Vin Diesel auf der Leinwand, Vin Diesel auf DVD, Vin Diesel im TV, Vin Diesel auf dem PC und Konsolen - es ist momentan ziemlich schwierig, medial an dem ehemaligen Türsteher vorbeizukommen. Im Kino gibt der Mann mit dem Treibstoff im Namen und der zuletzt antriebslosen Karriere derzeit im vierten Teil der "Fast and Furious"-Reihe wieder Gas. Auf heimischen Bildschirmen räumt er abwechselnd als "Wheelman" oder in seiner Paraderolle als Weltraum-Knacki Richard B. Riddick auf. "Assault on Dark Athena" heißt das neue Kapitel der "Chronicles of Riddick", das Atari nun für PC, PS3 und Xbox 360 veröffentlicht.

All jene, die den Vorgänger "Escape from Butcher Bay" nicht gespielt haben, dürfen sich freuen: Eine grafisch überarbeitete Version der 2004 veröffentlichten Science-Fiction-Schauermär gibt's gratis dazu. Eine kundenfreundliche Entscheidung von Atari - aber auch ein Eigentor. Schließlich kann sich dadurch jeder Spieler selbst davon überzeugen, dass "Assault on Dark Athena" in punko Abwechslung und Spielspaß nicht mit "Escape from Butcher Bay" mithalten kann.

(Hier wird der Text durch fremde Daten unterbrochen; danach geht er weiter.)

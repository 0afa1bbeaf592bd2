-- ===== src/Buffer.antt =====
-- buffer_t and the readers of src/common.cpp, and the parsing monad of src/parse.cpp and
-- src/inst_internal.cpp. A reader takes the buffer and hands back its value and the buffer after.
pub mod Reads
pub mod Gives
pub mod Moves
use wasm_instrument.Prelude.{
  ℕ, zero, suc, ◌+◌, ◌-◌, ◌*◌, ◌^◌, bit_or, Bool, List, [], ◌∷◌, leb, ltb, if◌then◌else◌, length,
  take, drop,
}
use wasm_instrument.Prelude.Result.{Result, ok, throw, undefined, Error, null_string}
use wasm_instrument.Prelude.Result
use wasm_instrument.Leb.{Leb, good, bad, decode_i32leb, decode_u32leb, decode_i64leb, decode_u64leb}

-- `rest` is the memory from `ptr` on, to the end of the loaded module; `pos` is `ptr - start` and
-- `limit` is `end - start`. `ptr` may stand behind `end`, and `end` behind the memory.
pub record Buffer : Type 0 where
  pub rest : List ℕ
  pub pos : ℕ
  pub limit : ℕ

-- `ptr += n`
abbrev pub advance : ℕ → Buffer → Buffer
advance n b = record b { rest = drop n b.rest; pos = b.pos + n }

abbrev pub Parser {ℓ} : Type ℓ → Type ℓ
Parser A = Buffer → Result (A × Buffer)

abbrev pub pure {ℓ} : {A : Type ℓ} → A → Parser A
pure a b = ok (a, b)

abbrev pub raise {ℓ} : {A : Type ℓ} → Error → Parser A
raise e b = throw e

abbrev pub lift {ℓ} : {A : Type ℓ} → Result A → Parser A
lift r b = Result.◌>>=◌ r λ a. ok (a, b)

infixl 1 ◌>>=◌ ◌>>◌
abbrev pub ◌>>=◌ {ℓ κ} : {A : Type ℓ} {B : Type κ} → Parser A → (A → Parser B) → Parser B
◌>>=◌ p f b = Result.◌>>=◌ (p b) λ (a, c). f a c

abbrev pub ◌>>◌ {ℓ κ} : {A : Type ℓ} {B : Type κ} → Parser A → Parser B → Parser B
p >> q = p >>= λ _. q

-- The tail of read_u32leb and its like: `leblen <= 0` forces the pointer to the end.
after_leb : Buffer → Leb → ℕ × Buffer
after_leb b (good v zero) = (v, advance (b.limit - b.pos) b)
after_leb b (good v (suc n)) = (v, advance (suc n) b)
after_leb b (bad n) = (0, advance (b.limit - b.pos) b)

unfoldable pub read_leb : (List ℕ → ℕ → Result Leb) → Parser ℕ
unfolding after_leb
read_leb decode b =
    if leb b.limit b.pos
    then ok (0, b)
    else Result.◌>>=◌ (decode b.rest (b.limit - b.pos)) λ d. ok (after_leb b d)

unfoldable pub read_u32leb : Parser ℕ
read_u32leb = read_leb decode_u32leb

unfoldable pub read_i32leb : Parser ℕ
read_i32leb = read_leb decode_i32leb

unfoldable pub read_u64leb : Parser ℕ
read_u64leb = read_leb decode_u64leb

unfoldable pub read_i64leb : Parser ℕ
read_i64leb = read_leb decode_i64leb

first_byte : List ℕ → Result ℕ
first_byte [] = undefined
first_byte (x ∷ _) = ok x

-- Out of bounds it prints and returns 0.
unfoldable pub read_u8 : Parser ℕ
unfolding first_byte
read_u8 b =
    if leb b.limit b.pos
    then ok (0, b)
    else Result.◌>>=◌ (first_byte b.rest) λ x. ok (x, advance 1 b)

-- `remain` is `limit - ptr`; with fewer than four bytes it returns 0 and `*len` is not positive.
unfoldable pub decode_u32 : List ℕ → ℕ → Result Leb
decode_u32 (b0 ∷ b1 ∷ b2 ∷ b3 ∷ _) remain =
    if ltb remain 4
    then ok (bad remain)
    else ok (good (bit_or (bit_or (bit_or (b3 * 2 ^ 24) (b2 * 2 ^ 16)) (b1 * 2 ^ 8)) b0) 4)
decode_u32 _ remain = if ltb remain 4 then ok (bad remain) else undefined

abbrev value : Leb → ℕ
value (good v n) = v
value (bad n) = 0

-- The limit that read_u32 gives is four bytes on, wherever the buffer ends.
unfoldable pub read_u32 : Parser ℕ
unfolding decode_u32
read_u32 b = Result.◌>>=◌ (decode_u32 b.rest 4) λ d. ok (value d, advance 4 b)

unfoldable pub read_u64 : Parser ℕ
unfolding decode_u32
read_u64 b =
    if ltb b.limit (b.pos + 8)
    then ok (0, b)
    else Result.◌>>=◌ (decode_u32 b.rest (b.limit - b.pos)) λ low.
      Result.◌>>=◌ (decode_u32 (drop 4 b.rest) (b.limit - b.pos - 4))
        λ high. ok (bit_or (value high * 2 ^ 32) (value low), advance 8 b)

-- The `n` bytes at the pointer, which the memory must have.
bytes_at : ℕ → List ℕ → Result (List ℕ)
bytes_at n xs = if leb n (length xs) then ok (take n xs) else undefined

-- libstdc++ throws where a string is made of NULL. A string is the list of its bytes.
name_of : ℕ → Parser (List ℕ)
unfolding bytes_at
name_of sz b =
    if ltb b.limit (b.pos + sz)
    then throw null_string
    else Result.◌>>=◌ (bytes_at sz b.rest) λ s. ok (s, advance sz b)

unfoldable pub read_name : Parser (List ℕ)
unfolding name_of
read_name = do sz ← read_u32leb; name_of sz

-- Out of bounds it prints and returns no bytes.
unfoldable pub read_bytes : ℕ → Parser (List ℕ)
unfolding bytes_at
read_bytes n b =
    if ltb b.limit (b.pos + n)
    then ok ([], b)
    else Result.◌>>=◌ (bytes_at n b.rest) λ s. ok (s, advance n b)

-- `for (i = 0; i < n; i++) l.push_back (p)`
unfoldable pub read_list {ℓ} : {A : Type ℓ} → ℕ → Parser A → Parser (List A)
read_list zero p = pure []
read_list (suc n) p = do a ← p; l ← read_list n p; pure (a ∷ l)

Der Hauptgrund ist, dass im neuen Riddick-Spiel stupides Ballern im Vordergrund steht. Zwar muss der kahlköpfige Muskelprotz in einigen Situationen auch wieder auf seine Schleichkünste vertrauen, sich gelegentlich mit Fäusten und Klingen zur Wehr setzen und auch ein paar Sprungeinlagen meistern. Später ist jedoch fast nur noch sein Abzugsfinger gefragt - manchmal auch an Bord eines Kampfroboters

Vollgestopfter Piratenpott

De Geschichte knüpft nahtlos an den Vorgänger an: Nach seiner Flucht aus dem Hochsicherheitsgefängnis Butcher Bay gönnt sich Richard B. Riddick erst einmal eine Mütze Schlaf in der Kältekammer. Während der Held im Traumland weilt, wird sein Raumschiff von der Besatzung der "Dark Athena" gekapert. In letzter Sekunde gelingt es dem bärbeißigen Anti-Helden, sich vor seinen Häschern zu verstecken. Allein auf sich gestellt - und zu Beginn unbewaffnet - versucht er, lebend vom Schiff zu kommen. Das Problem: Der Piratenpott ist geradezu riesig und vollgestopft mit menschlichen und kybernetischen Soldaten.

Riddicks größter Vorteil ist, dass er im Dunkeln perfekt sehen kann. Leider spielt diese Fähigkeit nur in den ersten Leveln eine spielentscheidende Rolle. Denn spätestens mit der Bruchlandung auf dem Planeten Aguerra Prima artet das Game zu einen Feld-Wald-und-Wiesen-Shooter aus, in dem es wirklich nur noch auf die Feuerkraft ankommt.

Dafür ließen sich die Entwickler bei der Vertonung nicht lumpen. Vin Diesels englischsprachiges Gebrummel wirkt, als hätte man eine Abhörvorrichtung direkt im Herzen der Hölle installiert. Kernig, cool, aber auch ein bisschen flach sind seine Dialoge. Optisch gibt sich das Game ebenfalls keine Blöße: Spektakuläre Lichteffekte, gnadenlos gut designte Gegner und flüssige Bewegungen erfreuen Action-Freunde.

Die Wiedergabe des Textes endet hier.